Tuesday, April 22, 2014

latimes.com/world/worldnow/la-fg-wn-libya-kidnapped-diplomats-20140421,0,7396407.story

Tunisian Diplomat Kidnapped in Libya Pleads in Video for His Release
Mohammed Bel Sheik, a Tunisian diplomat, is being held by rebels in Libya.
By Sherif Tarek
7:59 PM PDT, April 21, 2014

A Tunisian diplomat kidnapped in neighboring Libya pleaded tearfully with his country’s president in an online video to negotiate with a militant group for his release.

Mohammed Bel Sheik, who was reportedly kidnapped a month ago in Tripoli, did not appear to be injured.

Another Tunisian diplomat was abducted in Tripoli last week, shortly after Jordan's ambassador to Libya, Fawaz Itan, was seized. The fate of those two men is unknown.

Kidnappings have surged in Libya since the counter-revolutionary war of regime-change that ousted Moammar Kadafi in October 2011. Kidnappers usually demand the release of captured militants.

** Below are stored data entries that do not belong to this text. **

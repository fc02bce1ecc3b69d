-- ===== src/Volume/Sndio/Polls.antt =====
-- The list of controls through the calls of `vol_perc` of components/volume.c on BSD systems.
use slstatus.Prelude.{Bool, true, not, ◌&&◌, List, Option, none, some, if◌then◌else◌}
use slstatus.Prelude.Int.{pos, ltb_ℤ}
use slstatus.Util.{World}
use slstatus.Volume.Sndio.{
  Control, Answers, Poll, Sndio, call_all, finish_init, init, volume_from, print_volume, look_at,
  poll_controls, vol_perc,
}
use slstatus.Volume.Sndio.Controls.{
  AreDistinct, Holds, Holds-if, Holds-and_then, call_all-AreDistinct,
}

finish_init-AreDistinct :
    (k : Answers) (s : Sndio) (r : List Control × World)
    → AreDistinct r.0
    → Holds (λ t. AreDistinct t.1.controls) (finish_init k s r)
unfolding finish_init slstatus.Volume.Sndio.cleanup
finish_init-AreDistinct k s (controls, w) h =
    Holds-if _ (not k.ondesc) _ _ tt
      (Holds-if _ (not k.onval) _ _ tt (Holds-if _ (not k.calloc) _ _ tt h))

init-AreDistinct :
    (k : Answers) (s : Sndio) (w : World)
    → AreDistinct s.controls
    → Holds (λ t. AreDistinct t.1.controls) (init k s w)
unfolding init slstatus.Volume.Sndio.cleanup
init-AreDistinct k s w h =
    Holds-if _ k.opens _ _
      (Holds-and_then (λ r. AreDistinct r.0) _ (call_all k.known s.controls w) _
        (λ r hr. finish_init-AreDistinct k (record s { hdl = true }) r hr)
        (call_all-AreDistinct k.known s.controls w h))
      tt

any : {A : Type 0} (o : Option A) → Holds (λ a. Unit) o
any none = tt
any (some a) = tt

print_volume-AreDistinct :
    (s : Sndio) (w : World)
    → AreDistinct s.controls
    → Holds
        (λ t. AreDistinct t.1.controls)
        (slstatus.Volume.Sndio.and_then (volume_from (pos 100) s.controls) (print_volume s w))
unfolding print_volume
print_volume-AreDistinct s w h =
    Holds-and_then (λ v. Unit) _ (volume_from (pos 100) s.controls) _ (λ v u. h)
      (any (volume_from (pos 100) s.controls))

look_at-AreDistinct :
    (p : Poll) (s : Sndio) (r : List Control × World)
    → AreDistinct r.0
    → Holds (λ t. AreDistinct t.1.controls) (look_at p s r)
unfolding look_at slstatus.Volume.Sndio.cleanup
look_at-AreDistinct p s (controls, w) h =
    Holds-if _ p.hup _ _ tt (print_volume-AreDistinct (record s { controls = controls }) w h)

poll_controls-AreDistinct :
    (p : Poll) (r : Bool × Sndio × World)
    → AreDistinct r.1.controls
    → Holds (λ t. AreDistinct t.1.controls) (poll_controls p r)
unfolding poll_controls
poll_controls-AreDistinct p (ok, s, w) h = Holds-if _ (not s.hdl) _ _ h (
    Holds-if _ (ltb_ℤ (pos 0) p.pollfd && ltb_ℤ (pos 0) p.poll) _ _
      (Holds-and_then (λ r. AreDistinct r.0) _ (call_all p.events s.controls w) _
        (λ r hr. look_at-AreDistinct p (record s { initialized = ok }) r hr)
        (call_all-AreDistinct p.events s.controls w h))
      (print_volume-AreDistinct (record s { initialized = ok }) w h))

-- A call of vol_perc that does not crash leaves a list in which no two controls have the same
-- address, if it found such a list: whether it initializes, fails to, polls or is disconnected,
-- and whatever callbacks libsndio makes meanwhile, in any order.
pub vol_perc-AreDistinct :
    (k : Answers) (p : Poll) (s : Sndio) (w : World)
    → AreDistinct s.controls
    → Holds (λ t. AreDistinct t.1.controls) (vol_perc k p s w)
unfolding vol_perc
vol_perc-AreDistinct k p s w h =
    Holds-and_then (λ r. AreDistinct r.1.controls) _
      (if s.initialized then some (true, s, w) else init k s w) _
      (λ r hr. poll_controls-AreDistinct p r hr)
      (Holds-if _ s.initialized _ _ h (init-AreDistinct k s w h))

“I have three young children," Bel Sheik says in the five-minute video, in which he is wearing a black shirt and shown against a white wall. “They could kill me any time.”

“This is a legitimate request,” he adds, addressing Tunisian President Moncef Marzouki. “I’d love to return to Tunisia.”

The group left a message at the end of the video, dated April 19, that said: “As you imprison ours, we will imprison yours. As you kills ours, we will kill yours."

However, it did not make a clear demand in return for the release of Bel Sheik. Officials from Libya and Tunisia did not immediately comment on the video.

Reuters news agency quoted Essam Baitelmel, a member of the team investigating the abduction of the Jordanian ambassador, as saying the kidnappers wanted the release of Libyan militant Mohamed Dersi, convicted of plotting to bomb Jordan’s main airport.

In January, gunmen briefly held five Egyptian diplomats after the arrest of Libyan militia leader Shabaan Hadia in Egypt. They were released after Egypt freed Hadia.

Commenting on the increasing abductions in Libya, Wayne White, a former official of the State Department's Middle East/South Asia Intelligence Office, said abductions increase when kidnappers manage to free prisoners or get cash. But he noted that extremist groups sometimes kill hostages if they cannot negotiate a deal for them.

Diplomats are an inviting target because government officials, diplomats or not, can be traded, he said.

“In the continued absence of improved security, the only alternative is to follow the example of many other countries and remove diplomats from the country,” he said of Libya.